We had fun with the photo shoot, though...


MOTHER, HADIA, FATHER


MOTHER, ADAM,HADIA, FATHER


Lisa and Michael setting up a photo

Thursday, April 27, 2006

Day 3 and 4



Rehearsals take place on the set of Permanent Collection, currently running at Horizon Theatre. We're doing the table work right now which gives me a lot of opportunity to hear all the little touch ups that need to be done...and also work really concreting the 2nd act structure/story.

Having a really personal day today, in the sense of realizing how self-indulgent the play is. I have been focused on an idea of universal theme for so long, I almost forgot it is mostly my story, my parents' story...up on the stage.

Exposed doesn't even begin to cover how i'm feeling right now.

Glad I didn't get cold feet before. I need the reailty check for a bit of humility but...wouldn't trade this experience for NOT knowing what it's like. Just wish I'd not come across this exposure-ephipany RIGHT now. In the midst of rewrites.

Conversation around the table is still good and strong and there was a wonderful moment, today, when Lisa came across an arabic word in the script (spelled out phonetically) and asked, What does this mean again? And the entire cast answered. I didn't even have to...which is wonderful.

Have provided FATHER (Tom Thon) with a video-tape instruction explaining salat. There are moments for me where I wonder how much I really DON'T know about the Islamic religion.

I really wish I could have my father come and sit in on rehearsals. It'd be great to have his feedback. Have him correct me. To have him be an active part of the process...

We'll see.


Following pictures show the cast and Lisa and our wonderful stage manager, Ronnie. (God bless all the GOOD stage managers).

The cast, in alphabetical order, again is:

Marianne Fraulo - MOTHER
Megan Hayes - HADIA
Tyler Owens - ADAM
Tom Thon - FATHER


(L-R) Lisa, Tyler, Megan, Tom's leg.


(L-R) Marianne, Tom


Everybody...and Ronnie, in the left corner.

Wednesday, April 26, 2006

2nd day

Rehearsals run from noon to 5.
Read through the script twice on the first day. Great to hear it with all the different voices instead of just Lisa and me alternating. There's only so much two people can handle.

Today was great.
Due to line revisions and a couple of rewrites to scenes, i ran a bit late, coming into rehearsal 30 minutes behind everyone... fantastic, though. I'm glad that it worked out like that. The conversations that are taking place just two days in are wonderful to sit through. There are parallels that the actors and Lisa are finding that I did not intend but am glad are there. It makes me think of English class in high school when that one question was asked, "Is the symbolism intentional?"

Ah. Maybe. It depends. What works for you?

Plus, the wonderful thing about rehearsals, when the energy and combination of people are good... the wonderful thing is the personal sharing that begins... without thinking. The opinions, the defense of characters...the individual real-life experiences of the actors. It's wonderful.

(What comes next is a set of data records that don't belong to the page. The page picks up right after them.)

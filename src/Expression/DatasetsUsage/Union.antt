-- ===== src/Expression/DatasetsUsage/Union.antt =====
-- What the union of two usages keeps, and what its aliases lose.
use vegafusion.Expression.ColumnUsage.{ColumnUsage, empty, union, uses, uses-union}
use vegafusion.Expression.DatasetsUsage.{
  Usages, Aliases, DatasetsColumnUsage, KeyOrder, Once, move_aliased, or_empty, usage_or_empty,
  combine, apply_aliases, datasets_union, uses_in,
}
use vegafusion.Graph.Build.{ScopedVariable}
use vegafusion.Graph.Keys.{
  Occurs, pair_key, list_key, put, collect_onto, lookup-put_self, lookup-put_ne, test_cases,
}
use vegafusion.Prelude.Assoc.{lookup, remove}
use vegafusion.Prelude.Sets.{contains}
use vegafusion.Prelude.{
  ==_iff, Bool, false, ◌||◌, String, List, [], ◌∷◌, ◌++◌, Option, none, some, ◌≡◌, ◌≢◌, ◌⊎◌, inl,
  inr, refl, sym, ap, subst, ◌∙◌, arith, nat_key, Option-cases,
}
use vegafusion.Scope.Variable.{variable_key}

move_aliased-none :
    (aliases : Aliases) (vars : List ScopedVariable) (usages : Usages)
    → ((v : ScopedVariable) → Occurs v vars → lookup v aliases ≡ none)
    → move_aliased aliases vars usages ≡ some usages
unfolding move_aliased
move_aliased-none aliases [] usages h = refl
move_aliased-none aliases (v ∷ vars) usages h =
    rw (h v (inl refl), move_aliased)
      (move_aliased-none aliases vars usages (λ u at_u. h u (inr at_u)))

lookup-combine_ne :
    (left right : Usages) (vars : List ScopedVariable) (usages : Usages) (v : ScopedVariable)
    → (Occurs v vars → ⊥)
    → lookup v (combine left right vars usages) ≡ lookup v usages
unfolding combine
lookup-combine_ne left right [] usages v h = refl
lookup-combine_ne left right (u ∷ vars) usages v h =
    lookup-combine_ne left right vars
      (put u (union (usage_or_empty u left) (usage_or_empty u right)) usages) v
      (λ at_v. h (inr at_v))
    ∙ lookup-put_ne u v (union (usage_or_empty u left) (usage_or_empty u right)) usages
        (λ same. h (inl (sym same)))

-- What is combined for a variable stays, whatever comes behind.
lookup-combine :
    (left right : Usages) (vars : List ScopedVariable) (usages : Usages) (v : ScopedVariable)
    → Occurs v vars
      ⊎ (lookup v usages ≡ some (union (usage_or_empty v left) (usage_or_empty v right)))
    → lookup v (combine left right vars usages)
      ≡ some (union (usage_or_empty v left) (usage_or_empty v right))
unfolding combine
lookup-combine left right [] usages v (inl h) = elim h [ ]
lookup-combine left right [] usages v (inr h) = h
lookup-combine left right (u ∷ vars) usages v h =
    lookup-combine left right vars
      (put u (union (usage_or_empty u left) (usage_or_empty u right)) usages) v
      (by_key (test_cases u v) h)
  where
    by_key :
        ((u ≡ v) ⊎ (u ≢ v))
        → (Occurs v (u ∷ vars)
            ⊎ (lookup v usages ≡ some (union (usage_or_empty v left) (usage_or_empty v right))))
        → Occurs v vars
          ⊎ (lookup v (put u (union (usage_or_empty u left) (usage_or_empty u right)) usages)
              ≡ some (union (usage_or_empty v left) (usage_or_empty v right)))
    by_key (inl same) h = inr (
        subst
          (λ v.
            lookup v (put u (union (usage_or_empty u left) (usage_or_empty u right)) usages)
            ≡ some (union (usage_or_empty v left) (usage_or_empty v right)))
          same (lookup-put_self u (union (usage_or_empty u left) (usage_or_empty u right)) usages))
    by_key (inr other) (inl (inl here)) = absurd (other (sym here))
    by_key (inr other) (inl (inr there)) = inl there
    by_key (inr other) (inr old) = inr (
        lookup-put_ne u v (union (usage_or_empty u left) (usage_or_empty u right)) usages other
        ∙ old)

Occurs-append :
    {A : Type 0} (a : A) (xs ys : List A) → Occurs a (xs ++ ys) → Occurs a xs ⊎ Occurs a ys
Occurs-append a [] ys h = inr h
Occurs-append a (x ∷ xs) ys (inl h) = inl (inl h)
Occurs-append a (x ∷ xs) ys (inr h) = elim (Occurs-append a xs ys h) [
  | inl left ↦ inl (inr left)
  | inr right ↦ inr right
]

Occurs-either :
    {A : Type 0} (a : A) (xs ys : List A) → Occurs a xs ⊎ Occurs a ys → Occurs a (xs ++ ys)
Occurs-either a [] ys (inl h) = elim h [ ]
Occurs-either a [] ys (inr h) = h
Occurs-either a (x ∷ xs) ys (inl (inl h)) = inl h
Occurs-either a (x ∷ xs) ys (inl (inr h)) = inr (Occurs-either a xs ys (inl h))
Occurs-either a (x ∷ xs) ys (inr h) = inr (Occurs-either a xs ys (inr h))

uses-empty : (x : String) → uses x empty ≡ false
unfolding contains
uses-empty x = refl

uses_in-some :
    (v : ScopedVariable) (x : String) (m : Usages) (c : ColumnUsage)
    → lookup v m ≡ some c
    → uses_in v x m ≡ uses x c
uses_in-some v x m c h = ap (λ o. uses x (or_empty o)) h

uses_in-none :
    (v : ScopedVariable) (x : String) (m : Usages) → lookup v m ≡ none → uses_in v x m ≡ false
uses_in-none v x m h = ap (λ o. uses x (or_empty o)) h ∙ uses-empty x

module _ (hash_map : KeyOrder) where
  abbrev all_keys : Usages → Usages → List ScopedVariable
  all_keys left right = hash_map.keys left ++ hash_map.keys right

  uses_in-combine :
      (left right : Usages) (v : ScopedVariable) (x : String)
      → uses_in v x (combine left right (all_keys left right) [])
        ≡ (uses_in v x left || uses_in v x right)
  unfolding lookup
  uses_in-combine left right v x = elim (Option-cases (lookup v left)) [
    | inr (c, e) ↦ present (
        Occurs-either v (hash_map.keys left) (hash_map.keys right)
          (inl (hash_map.keys_all left v c e)))
    | inl e ↦ elim (Option-cases (lookup v right)) [
      | inr (c, f) ↦ present (
          Occurs-either v (hash_map.keys left) (hash_map.keys right)
            (inr (hash_map.keys_all right v c f)))
      | inl f ↦
          uses_in-none v x (combine left right (all_keys left right) []) (
            lookup-combine_ne left right (all_keys left right) [] v (λ at_v.
              absent e f (Occurs-append v (hash_map.keys left) (hash_map.keys right) at_v)))
          ∙ sym (
              both_false (uses_in v x left) (uses_in v x right) (uses_in-none v x left e)
                (uses_in-none v x right f))
    ]
  ]
    where
      both_false : (a b : Bool) → a ≡ false → b ≡ false → (a || b) ≡ false
      both_false a b h k = ground (arith, h, k)

      present :
          Occurs v (all_keys left right)
          → uses_in v x (combine left right (all_keys left right) [])
            ≡ (uses_in v x left || uses_in v x right)
      present at_v =
          uses_in-some v x (combine left right (all_keys left right) [])
            (union (usage_or_empty v left) (usage_or_empty v right))
            (lookup-combine left right (all_keys left right) [] v (inl at_v))
          ∙ uses-union x (usage_or_empty v left) (usage_or_empty v right)

      none_some : {c : ColumnUsage} → ◌≡◌ {A = Option ColumnUsage} none (some c) → ⊥
      none_some e = cc

      absent :
          lookup v left ≡ none
          → lookup v right ≡ none
          → Occurs v (hash_map.keys left) ⊎ Occurs v (hash_map.keys right)
          → ⊥
      absent e f (inl at_v) =
          let (c, found) = hash_map.keys_found left v at_v in none_some (sym e ∙ found)
      absent e f (inr at_v) =
          let (c, found) = hash_map.keys_found right v at_v in none_some (sym f ∙ found)

  -- No dataset with a usage stands for another one.
  abbrev pub Unaliased : Aliases → Usages → Type 0
  Unaliased aliases m =
      (v : ScopedVariable) (c : ColumnUsage) → lookup v m ≡ some c → lookup v aliases ≡ none

  apply_aliases-none :
      (aliases : Aliases) (d : DatasetsColumnUsage)
      → Unaliased aliases d.usages
      → apply_aliases hash_map aliases d
        ≡ some (record { usages = d.usages; aliases = collect_onto d.aliases aliases })
  unfolding apply_aliases
  apply_aliases-none aliases d h =
      rw
        (
          move_aliased-none aliases (hash_map.keys d.usages) d.usages
              (λ v at_v. let (c, found) = hash_map.keys_found d.usages v at_v in h v c found),
          apply_aliases,
        )
        refl

  -- The union of the usages of two sides, where no dataset that either side says something of is an
  -- alias, does not panic, and says of every dataset that a column must be kept exactly if one of
  -- the sides does, in whatever order the hash maps are iterated.
  pub uses_in-datasets_union :
      (d e : DatasetsColumnUsage)
      → Unaliased (collect_onto d.aliases e.aliases) d.usages
      → Unaliased (collect_onto d.aliases e.aliases) e.usages
      → (u : DatasetsColumnUsage) × (datasets_union hash_map d e ≡ some u)
        × ((v : ScopedVariable) (x : String)
            → uses_in v x u.usages ≡ (uses_in v x d.usages || uses_in v x e.usages))
  unfolding datasets_union
  uses_in-datasets_union d e h k = (
    record {
      usages = combine d.usages e.usages (all_keys d.usages e.usages) [];
      aliases = collect_onto d.aliases e.aliases;
    },
    rw
        (
          apply_aliases-none (collect_onto d.aliases e.aliases) d h,
          apply_aliases-none (collect_onto d.aliases e.aliases) e k,
          datasets_union,
        )
        refl,
    λ v x. uses_in-combine d.usages e.usages v x,
  )

no_alias : (from to u : ScopedVariable) → from ≢ u → lookup u ((from, to) ∷ []) ≡ none
unfolding lookup
no_alias from to u other = ground (arith, ==_iff from u)

one_alias : (from to : ScopedVariable) → lookup from ((from, to) ∷ []) ≡ some to
unfolding lookup
one_alias from to = ground (arith, ==_iff from from)

module _ (from to : ScopedVariable) (c : ColumnUsage) where
  move_rest :
      (vars : List ScopedVariable) (m : Usages)
      → (Occurs from vars → ⊥)
      → move_aliased ((from, to) ∷ []) vars m ≡ some m
  move_rest vars m h =
      move_aliased-none ((from, to) ∷ []) vars m
        (λ v at_v. no_alias from to v (λ same. h (subst (λ v. Occurs v vars) (sym same) at_v)))

  move_aliased-cons :
      (vars : List ScopedVariable) (m : Usages)
      → (Occurs from vars → ⊥)
      → lookup from m ≡ some c
      → move_aliased ((from, to) ∷ []) (from ∷ vars) m ≡ some (put to c (remove from m))
  unfolding move_aliased
  move_aliased-cons vars m h e =
      rw (one_alias from to, move_aliased)
        (rw (e, move_aliased) (move_rest vars (put to c (remove from m)) h))

  move_aliased_one :
      (vars : List ScopedVariable) (m : Usages)
      → Once vars
      → Occurs from vars
      → lookup from m ≡ some c
      → move_aliased ((from, to) ∷ []) vars m ≡ some (put to c (remove from m))
  unfolding move_aliased
  move_aliased_one [] m once at_from e = elim at_from [ ]
  move_aliased_one (v ∷ vars) m once at_from e =
      by_key (test_cases from v) at_from (λ there. move_aliased_one vars m once.1 there e)
    where
      by_key :
          ((from ≡ v) ⊎ (from ≢ v))
          → Occurs from (v ∷ vars)
          → (Occurs from vars
              → move_aliased ((from, to) ∷ []) vars m ≡ some (put to c (remove from m)))
          → move_aliased ((from, to) ∷ []) (v ∷ vars) m ≡ some (put to c (remove from m))
      by_key (inl same) at_from rest =
          subst (λ v. move_aliased ((from, to) ∷ []) (v ∷ vars) m ≡ some (put to c (remove from m)))
            same (move_aliased-cons vars m (subst (λ v. Occurs v vars → ⊥) (sym same) once.0) e)
      by_key (inr other) (inl here) rest = absurd (other here)
      by_key (inr other) (inr there) rest = rw (no_alias from to v other, move_aliased) (rest there)

-- With one alias, and a usage of the dataset that stands for another, the usage of the other is
-- replaced by it, and what was known to be used of the other is forgotten.
pub apply_aliases-overwrites :
    (hash_map : KeyOrder) (from to : ScopedVariable) (c : ColumnUsage) (d : DatasetsColumnUsage)
    → lookup from d.usages ≡ some c
    → (u : DatasetsColumnUsage) × (apply_aliases hash_map ((from, to) ∷ []) d ≡ some u)
      × ((x : String) → uses_in to x u.usages ≡ uses x c)
unfolding apply_aliases
apply_aliases-overwrites hash_map from to c d e =
    let moved =
      move_aliased_one from to c (hash_map.keys d.usages) d.usages (hash_map.keys_once d.usages)
        (hash_map.keys_all d.usages from c e) e in
    (
      record {
        usages = put to c (remove from d.usages);
        aliases = collect_onto d.aliases ((from, to) ∷ []);
      },
      rw (moved, apply_aliases) refl,
      λ x.
          uses_in-some to x (put to c (remove from d.usages)) c
            (lookup-put_self to c (remove from d.usages)),
    )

Lisa is slowly sliding off her dramaturg responsibilities and placing her director's cap on...
This is a difficult transition for me to understand with her only because i'm accustomed to dealing with her questions on a dramaturg level. So, when she asks a questions, I immediately think that means I need to rewrite the scene...
whereas, she's just asking a question of my intent...to see if we (the director and playwright) are on the same page.

It's a bit of culture shock. But...I welcome it.

It's actually liberating to see the actors and director take the words and characters given to them...and run with it. There's no need to control, on my part. I am looking to see what I can do to help them do their job more easily...while maintaining the integrity of the script.

So many people asked me if I was going to be in this show, which always confused me. My goal as a playwright is to be a playwright. To see if my vision is properly conveyed on the page. To see if I left the script in the hands of total strangers (which would be GREAT, eventually) they vision would still be maintained.
What's the point of writing a script that I have to babysit?
And
How would I grow as a writer if I acted%

Monday, April 24, 2006

First day.

Today is the first day of rehearsals.
All weekend has been filled with nothing but furious rewriting and a seeking for detachment...so I can finally see this thing.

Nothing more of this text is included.